• **WORK TO BE COMPLETED**: Every line of the entries below that mentions "zero" is to be copied out.

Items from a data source
──────────

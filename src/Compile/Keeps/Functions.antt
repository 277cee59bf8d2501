-- ===== src/Compile/Keeps/Functions.antt =====
-- compile.go: the compilation of a nested function keeps the state valid around it.
use gopher_lua.Prelude.{
  ℕ, zero, suc, ◌≤◌, ◌≡◌, refl, [], ◌∷◌, some, arith, inl, inr, length, get_elem?,
  get_elem?-append_cases, length-append,
}
use gopher_lua.Compile.Context.{FuncContext, FunctionProto}
use gopher_lua.Compile.Monad.{Compiler, M}
use gopher_lua.Compile.Keeps.{Keeps, Coherent, Finished, Valid, Next, Post, Post-done, Post-bind}
use gopher_lua.Compile.Keeps.Leaving.{new_func_context-Coherent}
use gopher_lua.Compile.Expressions.Functions.{enter_function, leave_function, in_child}
use gopher_lua.Compile.Keeps.Finishing.{Finishes}

module _ {N : Type 0} where
  -- More prototypes are no harm.
  Coherent-more : (k k' : ℕ) (fc : FuncContext N) → k ≤ k' → Coherent k fc → Coherent k' fc
  Coherent-more k k' fc more h = record {
    nested = h.nested;
    current = h.current;
    matched = h.matched;
    constants = h.constants;
    prototypes = λ i p e. let low = h.prototypes i p e in omega arith;
  }

  Finished-more : (k k' : ℕ) (p : FunctionProto N) → k ≤ k' → Finished k p → Finished k' p
  Finished-more k k' p more h = record {
    lines = h.lines;
    constants = h.constants;
    registers = h.registers;
    prototypes = λ i q e. let low = h.prototypes i q e in omega arith;
  }

  enter_function-Valid : (s : Compiler N) → Valid s → Valid (enter_function s)
  unfolding enter_function
  enter_function-Valid s h = record {
    context = new_func_context-Coherent (length s.protos) _;
    outer = around;
    protos = h.protos;
  }
    where
      inside : {x y : FuncContext N} → some x ≡ some y → x ≡ y
      inside same = cc

      around :
          (i : ℕ) (fc : FuncContext N)
          → get_elem? (s.context ∷ s.outer) i ≡ some fc
          → Coherent (length s.protos) fc
      around zero fc e = rw (← inside e) h.context
      around (suc i) fc e = h.outer i fc e

  leave_function-Valid :
      (s child : Compiler N)
      → Valid s
      → Valid child
      → Finished (length child.protos) child.context.proto
      → length s.protos ≤ length child.protos
      → Post (Next s) (leave_function s child)
  unfolding leave_function
  leave_function-Valid s child h hc done_proto more =
      let grown = length-append child.protos (child.context.proto ∷ []) in
      Post-done _ (
        record {
          context = record {
            nested = h.context.nested;
            current = h.context.current;
            matched = h.context.matched;
            constants = h.context.constants;
            prototypes = λ i p e.
                elim (get_elem?-append_cases s.context.proto.function_prototypes
                  (length child.protos) i p e) [
                    | inl old ↦ let low = h.context.prototypes i p old in omega arith
                    | inr new ↦ let same = new.1 in omega arith
                  ];
          };
          outer = λ i fc e. Coherent-more (length s.protos) _ fc (omega arith) (h.outer i fc e);
          protos = λ i p e. elim (get_elem?-append_cases child.protos child.context.proto i p e) [
            | inl old ↦ Finished-more (length child.protos) _ p (omega arith) (hc.protos i p old)
            | inr new ↦ Finished-more (length child.protos) _ p (omega arith) (rw new.1 done_proto)
          ];
        },
        refl,
        omega arith,
      )

  pub Keeps-in_child : (m : M N (Unit {0})) → Finishes m → Keeps (in_child m)
  unfolding in_child enter_function
  Keeps-in_child m fm = record {
    at = λ s h.
        Post-bind (m (enter_function s)) _ (fm.at (enter_function s) (enter_function-Valid s h))
          (λ r n. leave_function-Valid s r.1 h n.0.0 n.1 n.0.2);
  }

──────────

• **ANSWER SECTION**:
  ℕ, zero, suc, ◌≤◌, ◌≡◌, refl, [], ◌∷◌, some, arith, inl, inr, length, get_elem?,
      around zero fc e = rw (← inside e) h.context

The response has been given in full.